Audit event webhooks

Forward every Cavalry audit event to a SIEM or internal automation. The worker delivers asynchronously with HMAC-SHA256 signatures and retries failed deliveries with exponential backoff.

Adding a webhook

1. Open /[org]/settings/integrations.
2. Click Add webhook. Pick a format (generic, splunk, or datadog), paste the destination URL, and generate a shared secret.
3. Optionally set action filters as space-separated globs (e.g. skill.* approval.*).

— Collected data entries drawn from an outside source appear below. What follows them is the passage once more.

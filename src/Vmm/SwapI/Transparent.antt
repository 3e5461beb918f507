-- ===== src/Vmm/SwapI/Transparent.antt =====
-- A read fault brings in what the application expects.
use sbma.Common.{
  ℕ, ◌+◌, ◌/◌, ◌≤◌, ◌<◌, ◌≡◌, ◌⊎◌, inl, inr, true, false, arith, Ensures, mono, subst, sym, ap,
  within, count_all,
}
use sbma.Mmu.{is_resident}
use sbma.Mmu.Valid.{IsValid}
use sbma.Os.{Os, IsPosix, IsReliable}
use sbma.Vmm.{State}
use sbma.Vmm.View.{view, IsCoherent}
use sbma.Vmm.SwapI.{vmm_swap_i}
use sbma.Vmm.SwapI.Finished.{SwappedIn}
use sbma.Vmm.SwapI.Result.{vmm_swap_i-Counted}

module _ {W : Type 0} {os : Os W} (ps key : ℕ) where
  view-SwappedIn :
      {s t : State W} {beg num m : ℕ}
      → IsValid s.ate
      → IsCoherent os ps key s
      → SwappedIn os ps key s beg num m t
      → (x : ℕ) → x / ps < s.ate.n_pages
      → view os ps key t x ≡ view os ps key s x
  view-SwappedIn valid coherent out x h = ground (
    arith,
    out.flags (x / ps),
    out.mem x,
    out.file x,
    out.base,
    valid.pages (x / ps),
    coherent.absent x,
  )

  IsCoherent-SwappedIn :
      {s t : State W} {beg num m : ℕ}
      → IsValid s.ate
      → IsCoherent os ps key s
      → SwappedIn os ps key s beg num m t
      → IsCoherent os ps key t
  IsCoherent-SwappedIn valid coherent out = record {
    clean = λ x h r d. ground (
      arith,
      out.flags (x / ps),
      out.mem x,
      out.file x,
      out.base,
      out.n_pages,
      valid.pages (x / ps),
      coherent.clean x,
      coherent.absent x,
    );
    on_disk = λ i h z. ground (arith, out.flags i, out.n_pages, out.size, coherent.on_disk i);
    absent = λ x h r.
        ground (arith, out.flags (x / ps), out.mem x, out.base, out.n_pages, coherent.absent x);
  }

  pub vmm_swap_i-view :
      (posix : IsPosix os) (beg num : ℕ) (s : State W)
      → 0 < ps
      → IsValid s.ate
      → IsCoherent os ps key s
      → beg + num ≤ s.ate.n_pages
      → Ensures
          (λ m t.
            IsValid t.ate
            × IsCoherent os ps key t
            × ((i : ℕ) → within beg (beg + num) i ≡ true → is_resident (t.ate.flags i) ≡ true)
            × ((x : ℕ) → x / ps < s.ate.n_pages → view os ps key t x ≡ view os ps key s x))
          (λ _. ¬ IsReliable os)
          (vmm_swap_i os ps key false beg num s)
  vmm_swap_i-view posix beg num s pos valid coherent room =
      mono
        (vmm_swap_i-Counted posix ps key pos beg num s valid room
          (λ i h wanted. coherent.on_disk i h (ground arith)))
        (λ m t. elim [
          | inl (why, _, e) ↦ (
            subst (λ (u : State W). IsValid u.ate) (sym e) valid,
            subst (IsCoherent os ps key) (sym e) coherent,
            (λ i h. ground (arith, e, full why i)),
            λ x h. ap (λ u. view os ps key u x) e,
          )
          | inr (_, _, out) ↦ (
            out.valid,
            IsCoherent-SwappedIn valid coherent out,
            (λ i h. ground (arith, out.flags i)),
            view-SwappedIn valid coherent out,
          )
        ])
        (λ _ x. x)
    where
      full :
          (num ≡ 0) ⊎ (s.ate.l_pages ≡ s.ate.n_pages)
          → (i : ℕ) → within beg (beg + num) i ≡ true
          → is_resident (s.ate.flags i) ≡ true
      full (inl e) i h = ground arith
      full (inr e) i h =
          count_all s.ate.n_pages i is_resident s.ate.flags (ground arith)
            (omega (arith, valid.loaded))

Empty = deliver everything.

Payload shapes

Generic

{ "event": { ...fields } }

Splunk HEC

{
  "time": 1744200000,
  "host": "cavalry",
  "source": "cavalry",
  "sourcetype": "cavalry:skill.installed",
  "event": { ...fields }
}

Datadog logs

{
  "ddsource": "cavalry",
  "service": "cavalry",
  "ddtags": "org:org_abc,action:skill.installed,actor:user",
  "message": "skill.installed skill_version:sv_abc",
  "event": { ...fields }
}

Verifying deliveries

Each request carries:

• X-Cavalry-Signature: sha256=<hex> — HMAC-SHA256 over the exact bytes of the request body
• X-Cavalry-Delivery-Id — delivery row id (dedupe if you want to)
• X-Cavalry-Event-Id — audit event id
• X-Cavalry-Event-Action — the action literal

Verify by recomputing sha256 of the raw body with your stored secret. Constant-time compare required (Cavalry does this for inbound webhook handlers too).

Retry policy

Up to 5 attempts with a backoff of 0 · 30s · 2m · 10m · 60m. Each retry inserts a new audit_webhook_deliveries row so the history is append-only.